■ How to complete this task ■
Among the entries that follow, the required portion opens with the line containing "c e) (ap (λ" and closes with the line containing "-- What a path reads.". Give that portion again exactly, and nothing else.

[Stored data entries]
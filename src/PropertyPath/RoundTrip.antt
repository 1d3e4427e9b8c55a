-- ===== src/PropertyPath/RoundTrip.antt =====
-- What is encoded comes back.
use perfect_ws.Base.{
  ℕ, ◌≡◌, refl, sym, ◌∙◌, ap, true, false, inl, inr, Bool-cases, Option, some, List, [], ◌∷◌, ◌++◌,
  map, arith, nat_beq, All,
}
use mathlib.Core.List.{append-nil, append_assoc}
use perfect_ws.PropertyPath.{
  Text, Key, name, symbol, backslash, dot, bang, is_special, escape_segment, encode_path_key,
  split_from, split_path, is_line_terminator, unescape, decode_path_key, join,
}

not_special :
    (c : ℕ)
    → is_special c ≡ false
    → (nat_beq c backslash ≡ false) × (nat_beq c dot ≡ false) × (nat_beq c bang ≡ false)
unfolding is_special
not_special c h = (ground arith, ground arith, ground arith)

special_in_line : (c : ℕ) → is_special c ≡ true → is_line_terminator c ≡ false
unfolding is_special is_line_terminator
special_in_line c h = ground arith

unescape-escape_segment : (k : Text) → unescape (escape_segment k) ≡ k
unfolding unescape escape_segment
unescape-escape_segment [] = refl
unescape-escape_segment (c ∷ cs) = elim (Bool-cases (is_special c)) [
  | inl e ↦ rw (e, special_in_line c e) (ap (◌∷◌ c) (unescape-escape_segment cs))
  | inr e ↦ rw (e, (not_special c e).0) (ap (◌∷◌ c) (unescape-escape_segment cs))
]

-- A segment is consumed whole: no dot of it splits.
split_from-escape_segment :
    (current k rest : Text)
    → split_from false current (escape_segment k ++ rest)
      ≡ split_from false (current ++ escape_segment k) rest
unfolding split_from escape_segment
split_from-escape_segment current [] rest =
    ap (λ t. split_from false t rest) (sym (append-nil current))
split_from-escape_segment current (c ∷ cs) rest = elim (Bool-cases (is_special c)) [
  | inl e ↦ rw e (
      split_from-escape_segment (current ++ backslash ∷ c ∷ []) cs rest
      ∙ ap (λ t. split_from false t rest)
          (append_assoc current (backslash ∷ c ∷ []) (escape_segment cs)))
  | inr e ↦
      rw (e, (not_special c e).0, (not_special c e).1)
        (split_from-escape_segment (current ++ c ∷ []) cs rest
          ∙ ap (λ t. split_from false t rest) (append_assoc current (c ∷ []) (escape_segment cs)))
]

split_from-encode_path_key :
    (k : Key) (rest : Text)
    → split_from false [] (encode_path_key k ++ rest) ≡ split_from false (encode_path_key k) rest
unfolding split_from encode_path_key
split_from-encode_path_key (name k) rest = split_from-escape_segment [] k rest
split_from-encode_path_key (symbol k) rest = split_from-escape_segment (bang ∷ []) k rest

-- The segments of the path that is written for a nonempty list of keys are what the keys are
-- encoded as.
pub split_path-join :
    (k : Key) (ks : List Key)
    → split_path (join (map encode_path_key (k ∷ ks))) ≡ map encode_path_key (k ∷ ks)
unfolding split_path split_from join
split_path-join k [] =
    ap (split_from false []) (sym (append-nil (encode_path_key k)))
    ∙ split_from-encode_path_key k []
split_path-join k (j ∷ ks) =
    split_from-encode_path_key k (dot ∷ join (map encode_path_key (j ∷ ks)))
    ∙ ap (◌∷◌ (encode_path_key k)) (split_path-join j ks)

-- A symbol is known if the receiver finds it by the key it is registered under.
unfoldable pub IsKnown : (Text → Option Text) → Key → Type 0
IsKnown known (name k) = Unit
IsKnown known (symbol s) = known s ≡ some s

abbrev pub AreKnown : (Text → Option Text) → List Key → Type 0
AreKnown known ks = All (IsKnown known) ks

-- A key that is encoded as a segment is decoded to itself, if it is no symbol or a symbol that the
-- receiver knows.
pub decode_path_key-encode_path_key :
    (known : Text → Option Text) (k : Key)
    → IsKnown known k
    → decode_path_key known (encode_path_key k) ≡ some k
unfolding decode_path_key encode_path_key escape_segment unescape IsKnown
decode_path_key-encode_path_key known (name []) h = refl
decode_path_key-encode_path_key known (name (c ∷ cs)) h = elim (Bool-cases (is_special c)) [
  | inl e ↦ rw (e, special_in_line c e) (ap (λ t. some (name (c ∷ t))) (unescape-escape_segment cs))
  | inr e ↦
      rw (e, (not_special c e).0, (not_special c e).2)
        (ap (λ t. some (name (c ∷ t))) (unescape-escape_segment cs))
]
decode_path_key-encode_path_key known (symbol s) h = rw (unescape-escape_segment s, h) refl
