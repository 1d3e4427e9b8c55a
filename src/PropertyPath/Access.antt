-- ===== src/PropertyPath/Access.antt =====
-- What a path reads.
use perfect_ws.Base.{
  ◌≡◌, refl, subst, inl, inr, Bool, true, false, ◌&&◌, Option, none, some, List, [], ◌∷◌, map,
  arith, if◌then◌else◌, Bool-cases, Option-cases, nat_eq, string_eq,
}
use perfect_ws.PropertyPath.{
  Text, Key, encode_path_key, split_path, decode_path_key, join, is_forbidden_property_key,
  get_step, get_segments, get_property,
}
use perfect_ws.PropertyPath.RoundTrip.{split_path-join, AreKnown, decode_path_key-encode_path_key}

module _ {V : Type 0} (is_object_like : V → Bool) (has_own : V → Key → Bool)
    (read : V → Key → Option V) where
  -- What an object has as a property of its own.
  abbrev pub own : V → Key → Option V
  own v k = if is_object_like v && has_own v k then read v k else none

  -- Reading own property after own property.
  unfoldable pub follow : V → List Key → Option V
  unfolding own
  follow v [] = some v
  follow v (k ∷ ks) = elim (if is_forbidden_property_key k then none else own v k) [
    | none ↦ none
    | some w ↦ follow w ks
  ]

  -- The value is reached from objects, through properties that they have themselves, under keys that
  -- are all allowed.
  pub data Leads : V → V → Type 0 where
    here : {v : V} → Leads v v
    via :
        {v w u : V} (k : Key)
        → is_forbidden_property_key k ≡ false
        → is_object_like v ≡ true
        → has_own v k ≡ true
        → read v k ≡ some w
        → Leads w u
        → Leads v u

module _ {V : Type 0} (is_object_like : V → Bool) (has_own : V → Key → Bool)
    (read : V → Key → Option V) (known : Text → Option Text) where
  get_segments-follow :
      (v : V) (ks : List Key)
      → AreKnown known ks
      → get_segments is_object_like has_own read known v (map encode_path_key ks)
        ≡ follow is_object_like has_own read v ks
  unfolding get_segments get_step follow
  get_segments-follow v [] h = refl
  get_segments-follow v (k ∷ ks) (h, hs) =
      rw (decode_path_key-encode_path_key known k h, get_segments, get_step, follow)
        (elim (Option-cases
          (if is_forbidden_property_key k then none else own is_object_like has_own read v k)) [
            | inl e ↦ ground (arith, e)
            | inr (w, e) ↦ ground (arith, e, get_segments-follow w ks hs)
          ])

  -- The path that is written for a nonempty list of keys, whose symbols the receiver knows, reads
  -- the own properties under those keys one after another, and reads nothing if one of them is
  -- forbidden or missing.
  pub get_property-follow :
      (v : V) (k : Key) (ks : List Key)
      → AreKnown known (k ∷ ks)
      → get_property is_object_like has_own read known v (join (map encode_path_key (k ∷ ks)))
        ≡ follow is_object_like has_own read v (k ∷ ks)
  unfolding get_property
  get_property-follow v k ks h = rw (split_path-join k ks) (get_segments-follow v (k ∷ ks) h)

  get_step-Leads :
      (v w u : V) (s : Text)
      → get_step is_object_like has_own read known v s ≡ some w
      → Leads is_object_like has_own read w u
      → Leads is_object_like has_own read v u
  unfolding get_step
  get_step-Leads v w u s h l = elim (Option-cases (decode_path_key known s)) [
    | inl e ↦ absurd (ground arith)
    | inr (k, e) ↦ elim (Bool-cases (is_forbidden_property_key k)) [
      | inl f ↦ absurd (ground arith)
      | inr f ↦ via k f (ground arith) (ground arith) (ground arith) l
    ]
  ]

  get_segments-Leads :
      (v u : V) (ss : List Text)
      → get_segments is_object_like has_own read known v ss ≡ some u
      → Leads is_object_like has_own read v u
  unfolding get_segments
  get_segments-Leads v u [] h =
      subst (λ x. Leads is_object_like has_own read v x) (ground arith) here
  get_segments-Leads v u (s ∷ ss) h =
      elim (Option-cases (get_step is_object_like has_own read known v s)) [
        | inl e ↦ absurd (ground arith)
        | inr (w, e) ↦ get_step-Leads v w u s e (get_segments-Leads w u ss (ground arith))
      ]

  -- Whatever a path reads, whoever wrote it, is reached only from objects, through properties that they
  -- have themselves though reading also finds inherited ones, and never under the keys `__proto__`,
  -- `prototype` and `constructor`.
  pub get_property-Leads :
      (v u : V) (path : Text)
      → get_property is_object_like has_own read known v path ≡ some u
      → Leads is_object_like has_own read v u
  unfolding get_property
  get_property-Leads v u path h = get_segments-Leads v u (split_path path) h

■ Completed exercise ■
  | inl e ↦ rw (e, special_in_line c e) (ap (λ t. some (name (c ∷ t))) (unescape-escape_segment cs))
  | inr e ↦
      rw (e, (not_special c e).0, (not_special c e).2)
        (ap (λ t. some (name (c ∷ t))) (unescape-escape_segment cs))
]
decode_path_key-encode_path_key known (symbol s) h = rw (unescape-escape_segment s, h) refl
repository 1d3e4427e9b8c55a
filename src/PropertyPath/Access.antt
-- ===== src/PropertyPath/Access.antt =====
-- What a path reads.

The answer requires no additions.